## AIM OF THE EXERCISE
Since only part of the material below is wanted, output exactly the lines from the one with "throw_active order (some" up to and including the one with "abbrev pub weight_of".

[Start of Attachment]

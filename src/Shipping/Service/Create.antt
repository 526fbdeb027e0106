-- ===== src/Shipping/Service/Create.antt =====
-- modules/shipping/service.ts, lines 193-359 and 766-771: `createShipment`. What the gateway answers is
-- an argument: a registration, or the text of what it threw. `generateShipmentNumber` is one too, since
-- it reads the clock.
use Prim.Native.String.{◌++◌}
use smart_light.Prelude.{
  ℕ, ℤ, pos, ◌+ℤ◌, ◌*ℤ◌, leb_ℤ, String, str_eq, Bool, true, false, ◌&&◌, ◌||◌, not, List, [], ◌∷◌,
  map, Option, none, some, ◌==◌, ◌⊎◌, inl, inr, throw, throw_if, pure, gets, or_throw, if_else,
  modify, if◌then◌else◌, ◌>>=◌, ◌>>◌,
}
use mathlib.Core.List.{◌++◌ as append}
use smart_light.Table.{find_first, find_many}
use smart_light.Orders.Status.{
  OrderStatus, processing, packed, shipped, delivering, delivered as order_delivered,
}
use smart_light.Orders.Tables.{Address, Order, OrderItem, OrderPaymentStatus}
use smart_light.Shipping.Status.{
  ShipmentStatus, ShippingProvider, ghn, same_provider, ShipmentEvent, status_changed,
  order_not_found, order_not_shippable, order_without_items, active_shipment_exists,
  invalid_provider, weight_exceeds_limit, unauthorized_shipment_access, unique_violation,
}
use smart_light.Shipping.Tables.{
  Shipment, ShipmentItem, system, ShipmentHistory, ShippingTables, Ship, new_id,
}
use smart_light.Shipping.Service.{
  find_active_by_order_id, find_by_tracking_number, set_shipment, create_history, ShipmentResponse,
  require_shipment,
}

pub record CreateShipmentDto : Type 0 where
  pub order_id : ℕ
  -- `toProviderEnum(dto.provider)`, or the default provider
  pub provider : ShippingProvider
  pub weight_grams : Option ℤ
  pub notes : Option String

pub record Registration : Type 0 where
  pub tracking_number : String
  pub provider_order_code : String
  pub label_url : Option String
  pub estimated_delivery_at : Option ℕ

unfoldable pub find_order_for_shipping : ℕ → ShippingTables → Option Order
find_order_for_shipping id db = find_first (λ o. (o.id == id) && not o.is_deleted) db.orders.order

unfoldable pub find_order_items : ℕ → ShippingTables → List OrderItem
find_order_items id db = find_many (λ i. i.order_id == id) db.orders.order_item

-- SHIPPABLE_ORDER_STATUSES
abbrev pub is_shippable : OrderStatus → Bool
is_shippable processing = true
is_shippable packed = true
is_shippable shipped = true
is_shippable delivering = true
is_shippable order_delivered = true
is_shippable _ = false

-- `it.variant?.weightGrams ?? default`
unfoldable pub weight_or : ℤ → OrderItem → ShippingTables → ℤ
weight_or default i db =
    elim (find_first (λ v. v.id == i.product_variant_id) db.orders.product_variant) [
      | none ↦ default
      | some v ↦ elim v.weight_grams [ none ↦ default | some w ↦ w ]
    ]

unfoldable pub compute_order_weight : ShippingTables → List OrderItem → ℤ
compute_order_weight db [] = pos 0
compute_order_weight db (i ∷ t) =
    weight_or (pos 100) i db *ℤ i.quantity +ℤ compute_order_weight db t

-- `SHIPPING_LIMITS.MAX_WEIGHT_GRAMS`
abbrev pub max_weight_grams : ℤ
max_weight_grams = pos 50000

abbrev pub is_paid : OrderPaymentStatus → Bool
is_paid OrderPaymentStatus.paid = true
is_paid _ = false

-- 500000 and 25000 in ten-thousandths
abbrev pub shipping_fee : Order → ℤ
shipping_fee o = if leb_ℤ (pos 5000000000) o.totals.grand_total then pos 0 else pos 250000000

abbrev pub cod_amount : Order → ℤ
cod_amount o = if is_paid o.payment_status then pos 0 else o.totals.grand_total

-- `input.shipTo.… ?? ''`, but for the ward
abbrev pub or_blank : Option String → Option String
or_blank none = some ""
or_blank (some s) = some s

abbrev pub ship_to : Address → Address
ship_to a = record {
  full_name = or_blank a.full_name;
  phone = or_blank a.phone;
  province = or_blank a.province;
  district = or_blank a.district;
  ward = a.ward;
  detail = or_blank a.detail;
}

abbrev pub new_shipment : ℕ → String → CreateShipmentDto → Order → ℤ → ℕ → Shipment
new_shipment user number dto o weight id = record {
  id = id;
  shipment_number = number;
  order_id = dto.order_id;
  user_id = user;
  provider = dto.provider;
  status = ShipmentStatus.created;
  tracking_number = none;
  shipping_fee = shipping_fee o;
  cod_amount = cod_amount o;
  weight_grams = weight;
  ship_to = ship_to o.shipping;
  provider_order_code = none;
  label_url = none;
  estimated_delivery_at = none;
  shipped_at = none;
  picked_up_at = none;
  delivered_at = none;
  returned_at = none;
  cancelled_at = none;
  failure_reason = none;
  notes = dto.notes;
}

abbrev pub is_found {ℓ} : {A : Type ℓ} → Option A → Bool
is_found none = false
is_found (some _) = true

-- `shipment.create`: order_id and shipmentNumber are UNIQUE.
unfoldable pub number_or_order_taken : String → ℕ → ShippingTables → Bool
number_or_order_taken number order db =
    is_found (find_first (λ s. s.order_id == order) db.shipment)
    || is_found (find_first (λ s. str_eq s.shipment_number number) db.shipment)

unfoldable pub insert_shipment : ℕ → String → CreateShipmentDto → Order → ℤ → Ship ℕ
insert_shipment user number dto o weight = do
  taken ← gets (number_or_order_taken number dto.order_id)
  throw_if taken unique_violation
  id ← new_id
  modify λ db. record db { shipment = new_shipment user number dto o weight id ∷ db.shipment }
  pure id

abbrev pub shipment_item : ShippingTables → ℕ → OrderItem → ShipmentItem
shipment_item db id i = record {
  shipment_id = id;
  order_item_id = i.id;
  product_variant_id = i.product_variant_id;
  quantity = i.quantity;
  product_name_snapshot = i.product_name_snapshot;
  variant_name_snapshot = i.variant_name_snapshot;
  sku_snapshot = i.sku_snapshot;
  weight_grams_snapshot = weight_or (pos 0) i db;
}

abbrev pub system_entry :
    ℕ → ShipmentEvent → Option ShipmentStatus → ShipmentStatus → Option ℕ → String → ShipmentHistory
system_entry id event old new by message = record {
  shipment_id = id;
  event = event;
  old_status = old;
  new_status = new;
  actor_type = system;
  actor_id = by;
  actor_name = none;
  message = some message;
}

abbrev pub tracking_taken : String → ShippingTables → Bool
tracking_taken n db = is_found (find_by_tracking_number n db)

-- The `catch` of the call of the carrier.
unfoldable pub registration_failed : ℕ → String → Ship (Unit {0})
registration_failed id message = do
  set_shipment id (λ s. record s {
    status = ShipmentStatus.failed;
    failure_reason = some ("provider_error: " ++ message);
  })
  create_history (
      system_entry id ShipmentEvent.failed (some ShipmentStatus.created) ShipmentStatus.failed none
        message)

-- A tracking number that is taken makes the update throw inside the `try`; `refusal` is the database's
-- text.
unfoldable pub register : String → ℕ → String ⊎ Registration → Ship (Unit {0})
register refusal id (inl message) = registration_failed id message
register refusal id (inr r) = do
  taken ← gets (tracking_taken r.tracking_number)
  if_else taken (registration_failed id refusal) (do
    set_shipment id (λ s. record s {
      status = ShipmentStatus.waiting_pickup;
      tracking_number = some r.tracking_number;
      provider_order_code = some r.provider_order_code;
      label_url = elim r.label_url [ none ↦ s.label_url | some u ↦ some u ];
      estimated_delivery_at = elim r.estimated_delivery_at [
        | none ↦ s.estimated_delivery_at
        | some t ↦ some t
      ];
    })
    create_history (
        system_entry id status_changed (some ShipmentStatus.created) ShipmentStatus.waiting_pickup
          none "Registered with Giao Hàng Nhanh"))

abbrev pub active_id : Option Shipment → Option ℕ
active_id none = none
active_id (some s) = some s.id

abbrev pub throw_active : ℕ → Option Shipment → Ship (Unit {0})
throw_active order none = pure tt
throw_active order (some s) = throw (active_shipment_exists order s.id)

abbrev pub is_empty : List OrderItem → Bool
is_empty [] = true
is_empty (i ∷ t) = false

abbrev pub weight_of : CreateShipmentDto → List OrderItem → ShippingTables → ℤ
weight_of dto items db = elim dto.weight_grams [ none ↦ compute_order_weight db items | some w ↦ w ]

-- The writes, which run in no transaction.
unfoldable pub write_shipment :
    ℕ
    → String
    → String
    → CreateShipmentDto
    → String ⊎ Registration
    → Order
    → List OrderItem
    → ℤ
    → Ship ℕ
write_shipment user number refusal dto answer o items weight = do
  id ← insert_shipment user number dto o weight
  modify
      λ db. record db { shipment_item = append (map (shipment_item db id) items) db.shipment_item }
  create_history (
      system_entry id ShipmentEvent.created none ShipmentStatus.created (some user)
        "Shipment created")
  register refusal id answer
  pure id

unfoldable pub create_shipment :
    ℕ → String → String → CreateShipmentDto → String ⊎ Registration → Ship ShipmentResponse
create_shipment user number refusal dto answer = do
  throw_if (not (same_provider dto.provider ghn)) (invalid_provider dto.provider)
  o ← (do or_throw (← gets (find_order_for_shipping dto.order_id)) (order_not_found dto.order_id))
  throw_if (not (o.user_id == user)) (unauthorized_shipment_access dto.order_id user)
  throw_if (not (is_shippable o.status)) (order_not_shippable dto.order_id o.status)
  existing ← gets (find_active_by_order_id dto.order_id)
  throw_active dto.order_id existing
  items ← gets (find_order_items dto.order_id)
  throw_if (is_empty items) (order_without_items dto.order_id)
  weight ← gets (weight_of dto items)
  throw_if (not (leb_ℤ weight max_weight_grams)) (weight_exceeds_limit weight)
  id ← write_shipment user number refusal dto answer o items weight
  require_shipment id
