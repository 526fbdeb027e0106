-- ===== src/Shipping/Trail.antt =====
-- The history of a shipment as a path through its states (modules/shipping/service.ts).
pub mod Moves
use smart_light.Prelude.{
  ℕ, suc, ◌+◌, ◌<◌, ◌≤◌, Bool, true, false, ◌||◌, List, [], ◌∷◌, Option, none, some, ◌≡◌, ◌≢◌, refl,
  sym, ap, ◌∙◌, arith, ◌==◌, ==_iff, inl, inr, Bool-cases, if◌then◌else◌,
}
use smart_light.Table.{find_first, find_many, update, All, IsUnique}
use smart_light.Table.Rows.{All-find_first, All-map, All-zip, All-update}
use smart_light.Table.Keys.{find_first_unique, IsUnique-update}
use smart_light.Shipping.Status.{
  ShipmentStatus, created, waiting_pickup, picked_up, in_transit, out_for_delivery, delivered,
  failed, returning, returned, cancelled, is_status, includes, shipment_transitions,
}
use smart_light.Shipping.Tables.{Shipment, ShipmentHistory, ShippingTables}

-- A shipment starts in CREATED; it fails if the carrier refuses it, or makes the transitions of the
-- table.
abbrev pub step : Option ShipmentStatus → ShipmentStatus → Bool
step none to = is_status to created
step (some from) to =
    includes (shipment_transitions from) to
    || includes (if is_status from created then failed ∷ [] else []) to

-- The entries lead, newest first, from the creation to the status.
abbrev pub IsTrail : Option ShipmentStatus → List ShipmentHistory → Type 0
IsTrail status [] = status ≡ none
IsTrail status (h ∷ t) =
    (status ≡ some h.new_status)
    × ((step h.old_status h.new_status ≡ true) × IsTrail h.old_status t)

unfoldable pub history_of : ℕ → List ShipmentHistory → List ShipmentHistory
history_of id t = find_many (λ h. h.shipment_id == id) t

abbrev pub HasTrail : List ShipmentHistory → Shipment → Type 0
HasTrail t s = IsTrail (some s.status) (history_of s.id t)

-- Every shipment has its trail; ids are unique and numbered.
pub record IsTracked (db : ShippingTables) : Type 0 where
  pub ids : IsUnique (λ s. s.id) db.shipment
  pub shipments_numbered : All (λ s. s.id < db.next_id) db.shipment
  pub entries_numbered : All (λ h. h.shipment_id < db.next_id) db.shipment_history
  pub trails : All (HasTrail db.shipment_history) db.shipment

pub history_of-hit :
    (id : ℕ) (h : ShipmentHistory) (t : List ShipmentHistory)
    → h.shipment_id ≡ id
    → history_of id (h ∷ t) ≡ h ∷ history_of id t
unfolding history_of find_many
history_of-hit id h t e = ground arith

pub history_of-miss :
    (id : ℕ) (h : ShipmentHistory) (t : List ShipmentHistory)
    → h.shipment_id ≢ id
    → history_of id (h ∷ t) ≡ history_of id t
unfolding history_of find_many
history_of-miss id h t e = ground arith

pub history_of-none :
    (id : ℕ) (t : List ShipmentHistory) → All (λ h. h.shipment_id ≢ id) t → history_of id t ≡ []
unfolding history_of find_many
history_of-none id [] a = refl
history_of-none id (h ∷ t) a = ground (arith, a.0, history_of-none id t a.1)

-- How far along a status is: every step leads further.
abbrev pub rank : ShipmentStatus → ℕ
rank created = 1
rank waiting_pickup = 2
rank picked_up = 3
rank in_transit = 4
rank out_for_delivery = 5
rank failed = 6
rank returning = 7
rank delivered = 8
rank returned = 8
rank cancelled = 8

abbrev pub count : List ShipmentHistory → ℕ
count [] = 0
count (h ∷ t) = suc (count t)

abbrev pub rank_before : Option ShipmentStatus → ℕ
rank_before none = 0
rank_before (some s) = rank s

step-rank :
    (from : Option ShipmentStatus) (to : ShipmentStatus)
    → step from to ≡ true
    → rank_before from < rank to
unfolding includes shipment_transitions
step-rank none to h = ground (arith, h)
step-rank (some created) to h = ground (arith, h)
step-rank (some waiting_pickup) to h = ground (arith, h)
step-rank (some picked_up) to h = ground (arith, h)
step-rank (some in_transit) to h = ground (arith, h)
step-rank (some out_for_delivery) to h = ground (arith, h)
step-rank (some delivered) to h = ground (arith, h)
step-rank (some failed) to h = ground (arith, h)
step-rank (some returning) to h = ground (arith, h)
step-rank (some returned) to h = ground (arith, h)
step-rank (some cancelled) to h = ground (arith, h)

pub IsTrail-count :
    (status : Option ShipmentStatus) (t : List ShipmentHistory)
    → IsTrail status t
    → count t ≤ rank_before status
IsTrail-count status [] trail = omega arith
IsTrail-count status (h ∷ t) (now, (made, rest)) =
    rw now
      (omega (arith, step-rank h.old_status h.new_status made, IsTrail-count h.old_status t rest))
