-- ===== src/Shipping/Trail/Moves.antt =====
-- The two writes that change a shipment's status keep the trails of all shipments: one that moves a
-- shipment with an entry of its history, and one that creates it with its first entry
-- (modules/shipping/service.ts, lines 242-286, 322-350 and 664-695).
pub mod Calls
use smart_light.Prelude.{
  ℕ, suc, ◌<◌, Bool, true, false, List, [], ◌∷◌, some, none, ◌≡◌, ◌≢◌, refl, sym, ap, ◌∙◌, arith,
  ◌==◌, ==_iff,
}
use smart_light.Table.{find_first, update, All, IsUnique}
use smart_light.Table.Rows.{All-find_first, find_first-holds, All-map, All-zip, All-update}
use smart_light.Table.Keys.{find_first_unique, IsUnique-update}
use smart_light.Shipping.Status.{ShipmentStatus}
use smart_light.Shipping.Tables.{Shipment, ShipmentHistory, ShippingTables}
use smart_light.Shipping.Service.{find_by_id}
use smart_light.Shipping.Trail.{
  step, HasTrail, IsTracked, history_of, history_of-hit, history_of-miss, history_of-none,
}

-- An assignment to a shipment, and the entry that records it.
pub record Move (db : ShippingTables) : Type 0 where
  pub assign : Shipment → Shipment
  pub entry : ShipmentHistory
  pub shipment : Shipment
  pub found : find_by_id entry.shipment_id db ≡ some shipment
  pub same_id : (s : Shipment) → (assign s).id ≡ s.id
  pub new_status : (s : Shipment) → (assign s).status ≡ entry.new_status
  pub from_old : entry.old_status ≡ some shipment.status
  pub permitted : step (some shipment.status) entry.new_status ≡ true

abbrev pub moved_tables : (db : ShippingTables) → Move db → ShippingTables
moved_tables db m = record db {
  shipment = update (λ s. s.id == m.entry.shipment_id) m.assign db.shipment;
  shipment_history = m.entry ∷ db.shipment_history;
}

module _ (db : ShippingTables) (m : Move db) (v : IsTracked db) where
  open m use {assign, entry, shipment}

  found_id : shipment.id ≡ entry.shipment_id
  unfolding find_by_id
  found_id = (==_iff _ _).0 (find_first-holds _ db.shipment m.found)

  moved-HasTrail :
      (s : Shipment)
      → (s.id == entry.shipment_id) ≡ true
      → HasTrail db.shipment_history s × (s.id ≡ shipment.id → s ≡ shipment)
      → HasTrail (entry ∷ db.shipment_history) (assign s)
  moved-HasTrail s hit (trail, only) =
      rw
        (
          m.new_status s,
          m.same_id s,
          history_of-hit s.id entry db.shipment_history (sym same),
          m.from_old,
        )
        (refl, (m.permitted, rw (ap (λ x. x.status) (only (same ∙ sym found_id))) at trail))
    where
      same : s.id ≡ entry.shipment_id
      same = (==_iff _ _).0 hit

  other-HasTrail :
      (s : Shipment)
      → (s.id == entry.shipment_id) ≡ false
      → HasTrail db.shipment_history s × (s.id ≡ shipment.id → s ≡ shipment)
      → HasTrail (entry ∷ db.shipment_history) s
  other-HasTrail s miss (trail, only) =
      rw (history_of-miss s.id entry db.shipment_history (ground (arith, miss))) trail

  known : entry.shipment_id < db.next_id
  unfolding find_by_id
  known = rw found_id at (All-find_first _ _ db.shipment v.shipments_numbered m.found)

  pub moved_tables-IsTracked : IsTracked (moved_tables db m)
  unfolding find_by_id
  moved_tables-IsTracked = record {
    ids = IsUnique-update (λ s. s.id) _ assign db.shipment m.same_id v.ids;
    shipments_numbered =
        All-update _ assign db.shipment (λ s _ h. rw (m.same_id s) h) (λ s _ h. h)
          v.shipments_numbered;
    entries_numbered = (known, v.entries_numbered);
    trails = All-update _ assign db.shipment moved-HasTrail other-HasTrail (
        All-zip _ _ db.shipment v.trails
          (find_first_unique (λ s. s.id) _ db.shipment v.ids m.found));
  }

-- The tables with a new shipment and its first entry.
abbrev pub started_tables : Shipment → ShipmentHistory → ShippingTables → ShippingTables
started_tables s h db = record db {
  next_id = suc db.next_id;
  shipment = s ∷ db.shipment;
  shipment_history = h ∷ db.shipment_history;
}

pub started_tables-IsTracked :
    (s : Shipment) (h : ShipmentHistory) (db : ShippingTables)
    → s.id ≡ db.next_id
    → h.shipment_id ≡ db.next_id
    → h.new_status ≡ s.status
    → h.old_status ≡ none
    → step none s.status ≡ true
    → IsTracked db
    → IsTracked (started_tables s h db)
started_tables-IsTracked s h db id of to from first v = record {
  ids = (All-map db.shipment (λ x n. omega (arith, n, id)) v.shipments_numbered, v.ids);
  shipments_numbered =
      (omega (arith, id), All-map db.shipment (λ x n. omega (arith, n)) v.shipments_numbered);
  entries_numbered =
      (omega (arith, of), All-map db.shipment_history (λ x n. omega (arith, n)) v.entries_numbered);
  trails = (
    rw
        (
          history_of-hit s.id h db.shipment_history (of ∙ sym id),
          history_of-none s.id db.shipment_history
              (All-map db.shipment_history (λ x n. omega (arith, n, id)) v.entries_numbered),
          to,
          from,
        )
        (refl, (first, refl)),
    All-map db.shipment
        (λ x n. rw (history_of-miss x.id h db.shipment_history (omega (arith, n.1, of))) n.0)
        (All-zip _ _ db.shipment v.trails v.shipments_numbered),
  );
}
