-- ===== src/Ladder/Override.antt =====
-- ts-shared/l4-ladder-visualizer/src/lib/eval/query-plan-override.ts: the query planner's answer in place of
-- the ladder's own ranking. A text is its list of code units; the uniques of an atom are looked up in the
-- ladder graph, by the atom's id and by its label. The analysis stands here with the fields that the
-- analyzer's model leaves out.
use l4_ide.Prelude.{
  ℕ, Bool, false, Option, none, some, List, [], ◌∷◌, ◌++◌, if◌then◌else◌, Map, get, set, nat_key,
  same_list, any,
}
use l4_ide.Expr.{unknown_v}
use l4_ide.Robdd.{add}
use l4_ide.Ladder.Analyzer.{PartialEvalAnalysis}

pub record AtomLike : Type 0 where
  pub atom_id : List ℕ
  pub label : List ℕ

pub record ElicitationAsk : Type 0 where
  pub container : List ℕ
  pub path : List (List ℕ)
  pub label : List ℕ

pub record PlanAsk : Type 0 where
  pub ask : ElicitationAsk
  pub atoms : List AtomLike

pub record QueryPlan : Type 0 where
  pub asks : List PlanAsk
  pub ranked : List AtomLike
  pub still_needed : List AtomLike

-- The planner's plan, or the sentence with which it declines.
pub data PlanAnswer : Type 0 where
  planned : QueryPlan → PlanAnswer
  refused : List ℕ → PlanAnswer

abbrev pub AskMap : Type 0
AskMap = Map ℕ (List ElicitationAsk)

pub record ElicitationOverride : Type 0 where
  pub ranked : List ℕ
  pub still_needed : List ℕ
  pub next : List ℕ
  pub ask_by_unique : AskMap
  pub declined : Option (List ℕ)

pub record ShownAnalysis : Type 0 where
  pub analysis : PartialEvalAnalysis
  pub ask_by_unique : AskMap
  pub restricted_expr_text : List ℕ
  pub declined : Option (List ℕ)

-- The overrides that are passed in have `next` and `askByUnique`.
unfoldable pub with_elicitation_override :
    ShownAnalysis → Option ElicitationOverride → ShownAnalysis
with_elicitation_override s none = s
with_elicitation_override s (some o) =
    let shown : PartialEvalAnalysis = record s.analysis {
      next = o.next;
      ranked = o.ranked;
      still_needed = o.still_needed;
    } in
    elim o.declined [
      | none ↦ record s { analysis = shown; ask_by_unique = o.ask_by_unique; declined = none }
      | some why ↦ record {
        analysis = record shown {
          dont_care = [];
          irrelevant_root_ids = [];
          overall_result = unknown_v;
          is_determined = false;
        };
        ask_by_unique = o.ask_by_unique;
        restricted_expr_text = [];
        declined = some why;
      }
    ]

-- What has been collected for each unique, and the labels that it has been asked for by.
pub record Asked : Type 0 where
  pub by_unique : AskMap
  pub seen : Map ℕ (List (List ℕ))

abbrev pub all_in {ℓ} : {A : Type ℓ} → ℕ → Map ℕ (List A) → List A
all_in u m = elim (get u m) [ none ↦ [] | some xs ↦ xs ]

abbrev pub has_text : List ℕ → List (List ℕ) → Bool
has_text s ts = any (λ t. same_list s t) ts

module _ (uniques_for_atom_id uniques_for_label : List ℕ → List ℕ) where
  abbrev pub uniques_for_atom : AtomLike → List ℕ
  uniques_for_atom a = elim (uniques_for_atom_id a.atom_id) [
    | [] ↦ uniques_for_label a.label
    | u ∷ us ↦ u ∷ us
  ]

  -- The inner loop of `uniquesForAtoms`.
  unfoldable pub add_all : List ℕ → List ℕ → List ℕ
  add_all [] out = out
  add_all (u ∷ us) out = add_all us (add u out)

  unfoldable pub collect_uniques : List AtomLike → List ℕ → List ℕ
  unfolding add_all
  collect_uniques [] out = out
  collect_uniques (a ∷ atoms) out = collect_uniques atoms (add_all (uniques_for_atom a) out)

  abbrev pub uniques_for_atoms : List AtomLike → List ℕ
  unfolding collect_uniques
  uniques_for_atoms atoms = collect_uniques atoms []

  unfoldable pub note_ask : ElicitationAsk → ℕ → Asked → Asked
  note_ask ask u s =
      let seen = all_in u s.seen in
      if has_text ask.label seen then record s { seen = set u seen s.seen } else record {
        by_unique = set u (all_in u s.by_unique ++ (ask ∷ [])) s.by_unique;
        seen = set u (seen ++ (ask.label ∷ [])) s.seen;
      }

  unfoldable pub note_uniques : ElicitationAsk → List ℕ → Asked → Asked
  unfolding note_ask
  note_uniques ask [] s = s
  note_uniques ask (u ∷ us) s = note_uniques ask us (note_ask ask u s)

  unfoldable pub note_atoms : ElicitationAsk → List AtomLike → Asked → Asked
  unfolding note_uniques
  note_atoms ask [] s = s
  note_atoms ask (a ∷ atoms) s = note_atoms ask atoms (note_uniques ask (uniques_for_atom a) s)

  unfoldable pub note_asks : List PlanAsk → Asked → Asked
  unfolding note_atoms
  note_asks [] s = s
  note_asks (p ∷ ps) s = note_asks ps (note_atoms p.ask p.atoms s)

  unfoldable pub atoms_of_asks : List PlanAsk → List AtomLike
  atoms_of_asks [] = []
  atoms_of_asks (p ∷ ps) = p.atoms ++ atoms_of_asks ps

  abbrev pub ranked_atoms : QueryPlan → List AtomLike
  unfolding atoms_of_asks
  ranked_atoms plan = elim plan.asks [ [] ↦ plan.ranked | p ∷ ps ↦ atoms_of_asks (p ∷ ps) ]

  abbrev pub first_atoms : List PlanAsk → List AtomLike
  first_atoms [] = []
  first_atoms (p ∷ ps) = p.atoms

  unfoldable pub elicitation_override_from_query_plan : PlanAnswer → ElicitationOverride
  unfolding collect_uniques note_asks atoms_of_asks
  elicitation_override_from_query_plan (refused why) = record {
    ranked = [];
    still_needed = [];
    next = [];
    ask_by_unique = [];
    declined = some why;
  }
  elicitation_override_from_query_plan (planned plan) = record {
    ranked = uniques_for_atoms (ranked_atoms plan);
    still_needed = uniques_for_atoms plan.still_needed;
    next = uniques_for_atoms (first_atoms plan.asks);
    ask_by_unique = (note_asks plan.asks (record { by_unique = []; seen = [] })).by_unique;
    declined = none;
  }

[End of Attachment]

## OUTPUT FOR THIS TASK
throw_active order (some s) = throw (active_shipment_exists order s.id)

abbrev pub is_empty : List OrderItem → Bool
is_empty [] = true
is_empty (i ∷ t) = false

abbrev pub weight_of : CreateShipmentDto → List OrderItem → ShippingTables → ℤ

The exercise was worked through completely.